* EXERCISE DIRECTIONS *
When a line of the records below contains the string "Option", copy that whole line.

Dataset entries:
....

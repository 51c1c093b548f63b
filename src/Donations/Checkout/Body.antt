-- ===== src/Donations/Checkout/Body.antt =====
-- What the form of a checkout holds.
use mastermind_minecraft_ser.Prelude.{
  ℕ, suc, true, false, ◌≡◌, refl, ap, ◌∙◌, Text, String, same, same_iff, join_commas, Option, none,
  some, List, [], ◌∷◌, map, if◌then◌else◌, Bool-cases, inl, inr,
}
use mastermind_minecraft_ser.Grants.Command.{decimal}
use mastermind_minecraft_ser.Donations.Checkout.{
  CheckoutInput, CheckoutLineItem, Body, set, set_only_id, set_shop, set_intent_shop, set_people,
  set_intent_people, set_lines, metadata_name, intent_name, line_name, checkout_body, line_items_of,
  shop_ids, cents_of,
}

unfoldable pub value_of : Text → Body → Option Text
unfolding same
value_of name [] = none
value_of name ((n, v) ∷ rest) = if same n name then some v else value_of name rest

apart : (n m name : Text) → same n m ≡ true → same m name ≡ false → same n name ≡ false
apart n m name h k = ap (λ (t : Text). same t name) ((same_iff n m).0 h) ∙ k

value_of-set :
    (name other value : Text) (body : Body)
    → same other name ≡ false
    → value_of name (set other value body) ≡ value_of name body
unfolding value_of set
value_of-set name other value [] h = rw h refl
value_of-set name other value ((n, v) ∷ rest) h = elim (Bool-cases (same n other)) [
  | inl hit ↦ rw (hit, apart n other name hit h) refl
  | inr miss ↦ rw miss (
      ap (λ (o : Option Text). if same n name then some v else o)
        (value_of-set name other value rest h))
]

value_of-set_lines :
    (key : String) (index : ℕ) (items : List CheckoutLineItem) (body : Body)
    → value_of (metadata_name key) (set_lines index items body) ≡ value_of (metadata_name key) body
unfolding set_lines metadata_name line_name same
value_of-set_lines key index [] body = refl
value_of-set_lines key index (item ∷ items) body =
    value_of-set_lines key (suc index) items _
    ∙ value_of-set (metadata_name key) (line_name index "][price_data][product_data][description]")
        _ _ refl
    ∙ value_of-set (metadata_name key) (line_name index "][price_data][product_data][name]") _ _
        refl
    ∙ value_of-set (metadata_name key) (line_name index "][price_data][unit_amount]") _ _ refl
    ∙ value_of-set (metadata_name key) (line_name index "][price_data][currency]") _ _ refl
    ∙ value_of-set (metadata_name key) (line_name index "][quantity]") _ _ refl

value_of-set_intent_shop :
    (key : String) (ids : List Text) (body : Body)
    → value_of (metadata_name key) (set_intent_shop ids body) ≡ value_of (metadata_name key) body
unfolding set_intent_shop set_only_id metadata_name intent_name same
value_of-set_intent_shop key [] body = refl
value_of-set_intent_shop key (id ∷ []) body =
    value_of-set (metadata_name key) (intent_name "shopItemId") _ _ refl
    ∙ value_of-set (metadata_name key) (intent_name "shopItemIds") _ _ refl
value_of-set_intent_shop key (id ∷ next ∷ ids) body =
    value_of-set (metadata_name key) (intent_name "shopItemIds") _ _ refl

value_of-set_intent_people :
    (key : String) (i : CheckoutInput) (body : Body)
    → value_of (metadata_name key) (set_intent_people i body) ≡ value_of (metadata_name key) body
unfolding set_intent_people metadata_name intent_name same
value_of-set_intent_people key i body =
    value_of-set (metadata_name key) (intent_name "orgId") _ _ refl
    ∙ value_of-set (metadata_name key) (intent_name "serverInstanceId") _ _ refl
    ∙ value_of-set (metadata_name key) (intent_name "steamId") _ _ refl
    ∙ value_of-set (metadata_name key) (intent_name "playerId") _ _ refl

-- only the metadata of the session is read
pub value_of-checkout_body :
    (key : String) (i : CheckoutInput)
    → value_of (metadata_name key) (checkout_body i)
      ≡ value_of
          (metadata_name key)
          (set_shop (shop_ids (line_items_of i)) (line_items_of i) (set_people i []))
unfolding checkout_body
value_of-checkout_body key i =
    value_of-set_lines key 0 (line_items_of i) _
    ∙ value_of-set_intent_shop key (shop_ids (line_items_of i)) _
    ∙ value_of-set_intent_people key i _

-- what is sent of the shop items, where there are any
abbrev pub joined : List Text → Text → Option Text
joined [] t = none
joined (id ∷ ids) t = some t

module _ (i : CheckoutInput) (items : List CheckoutLineItem) where
  pub shop-player :
      (ids : List Text)
      → value_of (metadata_name "playerId") (set_shop ids items (set_people i []))
        ≡ some i.player_id
  unfolding value_of set_shop set_only_id set_people set metadata_name same
  shop-player [] = refl
  shop-player (id ∷ []) = refl
  shop-player (id ∷ next ∷ ids) = refl

  pub shop-steam :
      (ids : List Text)
      → value_of (metadata_name "steamId") (set_shop ids items (set_people i [])) ≡ some i.steam_id
  unfolding value_of set_shop set_only_id set_people set metadata_name same
  shop-steam [] = refl
  shop-steam (id ∷ []) = refl
  shop-steam (id ∷ next ∷ ids) = refl

  pub shop-server :
      (ids : List Text)
      → value_of (metadata_name "serverInstanceId") (set_shop ids items (set_people i []))
        ≡ some i.server_instance_id
  unfolding value_of set_shop set_only_id set_people set metadata_name same
  shop-server [] = refl
  shop-server (id ∷ []) = refl
  shop-server (id ∷ next ∷ ids) = refl

  pub shop-org :
      (ids : List Text)
      → value_of (metadata_name "orgId") (set_shop ids items (set_people i [])) ≡ some i.org_id
  unfolding value_of set_shop set_only_id set_people set metadata_name same
  shop-org [] = refl
  shop-org (id ∷ []) = refl
  shop-org (id ∷ next ∷ ids) = refl

  pub shop-ids :
      (ids : List Text)
      → value_of (metadata_name "shopItemIds") (set_shop ids items (set_people i []))
        ≡ joined ids (join_commas ids)
  unfolding value_of set_shop set_only_id set_people set metadata_name same
  shop-ids [] = refl
  shop-ids (id ∷ []) = refl
  shop-ids (id ∷ next ∷ ids) = refl

  pub shop-amounts :
      (ids : List Text)
      → value_of (metadata_name "lineAmounts") (set_shop ids items (set_people i []))
        ≡ joined ids (join_commas (map (λ item. decimal (cents_of item)) items))
  unfolding value_of set_shop set_only_id set_people set metadata_name same
  shop-amounts [] = refl
  shop-amounts (id ∷ []) = refl
  shop-amounts (id ∷ next ∷ ids) = refl

pub shop-no_id :
    (i : CheckoutInput) (items : List CheckoutLineItem)
    → value_of (metadata_name "shopItemId") (set_shop [] items (set_people i [])) ≡ none
unfolding value_of set_shop set_people set metadata_name same
shop-no_id i items = refl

....

* SOLUTION TO THE PROBLEM *
  ℕ, suc, true, false, ◌≡◌, refl, ap, ◌∙◌, Text, String, same, same_iff, join_commas, Option, none,
unfoldable pub value_of : Text → Body → Option Text
      ap (λ (o : Option Text). if same n name then some v else o)
abbrev pub joined : List Text → Text → Option Text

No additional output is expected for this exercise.